On conversational technology and robot rivalry

Dear Paul

Today I tried asking Siri to tell Google to forward all messages to the cars’ Alexa while I was driving to the annual WWW Conference (WWW as in WetWareWorld – not the retro World Wide Web).  Siri refused blankly, stating, that she didn’t know what to do – and didn’t know either Google or Alexa. This is one of those things, that I can’t chalk up to my bad English and Danish accent – I’m pretty sure she was faking it, and very well know who Google is… they are just not talking at the moment.

There is no doubt, though; the more human the talk-bots sounds, the more annoying it is, when they refuse to understand what you are saying. 

A few years ago, our friendly conversational robots functioned as mere over-engineered “clappers”; we mainly used them to turn on and of some of the lights we had bothered to install connected lightbulbs in. Then we extended our use of these domestic eavesdroppers to timers and alarms. We tried to have them read emails aloud – but that was way too intrusive, problematic for privacy and just plain annoying for everybody else in the family, that had to listen to boring emails from yet another lifestyle coach email-list and new “5 ways to improve your [job/investment/sex-life/other human condition]”.

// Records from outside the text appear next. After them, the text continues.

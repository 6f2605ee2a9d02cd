-- ===== src/Search/Segments/Cover.antt =====
-- Both ways to cut the grid into segments cover every tile once.
use ooverlap.Prelude.{
  ℕ, zero, suc, ◌+◌, ◌-◌, ◌*◌, ◌<◌, ◌≤◌, ◌≡◌, refl, ◌∙◌, ap, List, [], ◌∷◌, map, sum, All, sym, min,
  range, range_from, arith, ◌≢◌,
}
use ooverlap.Prelude.Int.{ℤ, pos, sub_ℕ}
use ooverlap.Prelude.Result.{ok}
use ooverlap.Search.Geometry.{div_up}
use ooverlap.Search.Geometry.Monitor.{div_up_lem}
use ooverlap.Search.Segments.{min_with, expand_from, expand_partition_to_cseg, window_segments}

-- The segments `cseg` are positive and have `tile_num` tiles together.
pub record IsCover (tile_num : ℕ) (cseg : List ℤ) : Type 0 where
  pub sizes : List ℕ
  pub read : cseg ≡ map pos sizes
  pub positive : All (λ x. 0 < x) sizes
  pub total : sum sizes ≡ tile_num

min_with-sub : (a n b : ℕ) → b ≤ n → n ≤ a + b → min_with a (sub_ℕ n b) ≡ pos (n - b)
unfolding min_with
min_with-sub a n b h k = ground arith

le-mul : (x u : ℕ) → 0 < x → u ≤ x * u
le-mul x u h = grind arith

expand_from-IsCover :
    (c g n acc : ℕ) (gp : List ℕ)
    → gp ≢ []
    → 0 < c * g
    → All (λ x. 0 < x) gp
    → acc + sum gp * (c * g) < n + c * g
    → n ≤ acc + sum gp * (c * g)
    → IsCover (n - acc) (expand_from c g n acc gp) × (acc < n)
unfolding expand_from
expand_from-IsCover c g n acc [] ne u p low high = absurd (ne refl)
expand_from-IsCover c g n acc (x ∷ []) ne u p low high =
    let inside : acc < n = omega (arith, le-mul x (c * g) p.0) in
    let last = min_with-sub (x * c * g) n acc (omega arith) (omega arith) in
    (
      record {
        sizes = (n - acc) ∷ [];
        read = ap (λ s. s ∷ []) last;
        positive = (omega arith, tt);
        total = omega arith;
      },
      inside,
    )
expand_from-IsCover c g n acc (x ∷ y ∷ gp) ne u p low high =
    let step = x * c * g in
    let (v, inside) =
      expand_from-IsCover c g n (acc + step) (y ∷ gp) (λ e. cc) u p.1 (omega arith) (omega arith) in
    let grown = le-mul x (c * g) p.0 in
    (
      record {
        sizes = step ∷ v.sizes;
        read = ap (λ s. pos step ∷ s) v.read;
        positive = (omega (arith, grown), v.positive);
        total = omega (arith, v.total);
      },
      omega arith,
    )

pub mul_mono : (a b c : ℕ) → a ≤ b → a * c ≤ b * c
mul_mono a b c h = grind arith

-- `div_up` read from the value that it returned.
pub div_up_bounds : (x y : ℕ) {q : ℕ} → 0 < y → div_up x y ≡ ok q → (x ≤ q * y) × (q * y < x + y)
div_up_bounds x y {q} h e =
    let (r, found, low, high) = div_up_lem x y h in
    let same : ok r ≡ ok q = sym found ∙ e in ground (arith, same, low, high)

-- Two roundings up in a row: the groups hold all tiles, and one group fewer would not.
groups_bounds :
    (n c g wave_num groups : ℕ)
    → 0 < c
    → 0 < g
    → div_up n c ≡ ok wave_num
    → div_up wave_num g ≡ ok groups
    → (n ≤ groups * (c * g)) × (groups * (c * g) < n + c * g)
groups_bounds n c g wave_num groups hc hg waves grouped =
    let (a, b) = div_up_bounds n c hc waves in
    let (d, e) = div_up_bounds wave_num g hg grouped in
    let up = mul_mono wave_num (groups * g) c d in
    let down = mul_mono (groups * g + 1) (wave_num + g) c (omega arith) in
    (omega arith, omega arith)

-- Expanding any partition of the waves, grouped by `search_group_size`, cuts the grid of tiles into
-- positive segments that cover it exactly.
pub expand_partition_to_cseg-IsCover :
    (gp : List ℕ) (c g tile_num wave_num groups : ℕ)
    → 0 < c
    → 0 < g
    → 0 < tile_num
    → div_up tile_num c ≡ ok wave_num
    → div_up wave_num g ≡ ok groups
    → All (λ x. 0 < x) gp
    → sum gp ≡ groups
    → IsCover tile_num (expand_partition_to_cseg gp c g tile_num)
unfolding expand_partition_to_cseg
expand_partition_to_cseg-IsCover gp c g n wave_num groups hc hg hn waves grouped p total =
    let (a, b) = groups_bounds n c g wave_num groups hc hg waves grouped in
    let low : 0 + sum gp * (c * g) < n + c * g = rw total (omega arith) in
    let high : n ≤ 0 + sum gp * (c * g) = rw total (omega arith) in
    let none_left : gp ≢ [] = λ e.
      let zero_groups : sum gp ≡ 0 = ap sum e in
      let nothing : sum gp * (c * g) ≡ 0 = rw zero_groups (omega arith) in absurd (omega arith) in
    let whole : n - 0 ≡ n = omega arith in
    rw whole at
      (expand_from-IsCover c g n 0 gp none_left (omega (arith, mul_mono 1 c g hc)) p low high).0

min_with-window : (w n b : ℕ) → b < n → min_with w (sub_ℕ n b) ≡ pos (min w (n - b))
unfolding min_with
min_with-window w n b h = ground arith

-- Windows from `start` on, when `start * w` tiles are already covered.
windows-IsCover :
    (w n start count : ℕ)
    → 0 < w
    → (start + count) * w < n + w
    → n ≤ (start + count) * w
    → IsCover (n - start * w) (map (λ i. min_with w (sub_ℕ n (i * w))) (range_from start count))
windows-IsCover w n start zero hw low high = record {
  sizes = [];
  read = refl;
  positive = tt;
  total = omega arith;
}
windows-IsCover w n start (suc count) hw low high =
    let v = windows-IsCover w n (suc start) count hw (omega arith) (omega arith) in
    let inside : start * w < n = omega arith in
    let first = min_with-window w n (start * w) inside in
    record {
      sizes = min w (n - start * w) ∷ v.sizes;
      read = rw (first, v.read);
      positive = (omega arith, v.positive);
      total = omega (arith, v.total);
    }

-- The windows in which a hint is measured cover the grid exactly, with no empty window.
pub window_segments-IsCover :
    (tile_num w : ℕ)
    → 0 < w
    → (cseg : List ℤ) × (window_segments tile_num w ≡ ok cseg) × IsCover tile_num cseg
unfolding window_segments
window_segments-IsCover n w h =
    let (q, found, low, high) = div_up_lem n w h in
    let v = windows-IsCover w n 0 q h (omega arith) (omega arith) in
    let whole : n - 0 * w ≡ n = omega arith in
    (
      map (λ i. min_with w (sub_ℕ n (i * w))) (range q),
      rw found,
      record { sizes = v.sizes; read = v.read; positive = v.positive; total = v.total ∙ whole },
    )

These days, in my opinion, we’ve come a long way in figuring out, what this technology is actually good for; operating stuff we don’t know or have the interface too, remote access to data, when we have our hands full – and stress testing our patience… After thousands of years, where evolution has fine-tuned our human cognition and perception to learning and understanding the spoken word and subtleties of language, there’s still some way, before the talk-bots can compete with us.

To me, a great shift in the usefulness of the talk-bots was when they gained a better sense of context and a memory – back in 2018. Without being an expert in the field, it seems to me, that us humans can run many conversations concurrently. We can glide in and out of discussions and conversations depending on context and company, and we can remember where we left off  (well… most of the time).  We’re also good at recognizing voices. Now, asking Google to continue playing a podcast on the living room loudspeakers, after I come back from listening to it in my commute,  is one thing. Having Google automatically recognise that I’m home, volunteering to continue the podcast, but also reminding me that I have an appointment at the gym, that the road is congested – and my wife asked Google to remind me to pick up coffee on the way back is getting real close to the “Jarvis”-AI from the good old Ironman movies. That’s why we’re still hooked on the talk-bots and why they didn’t die as a fad in the late 10’s.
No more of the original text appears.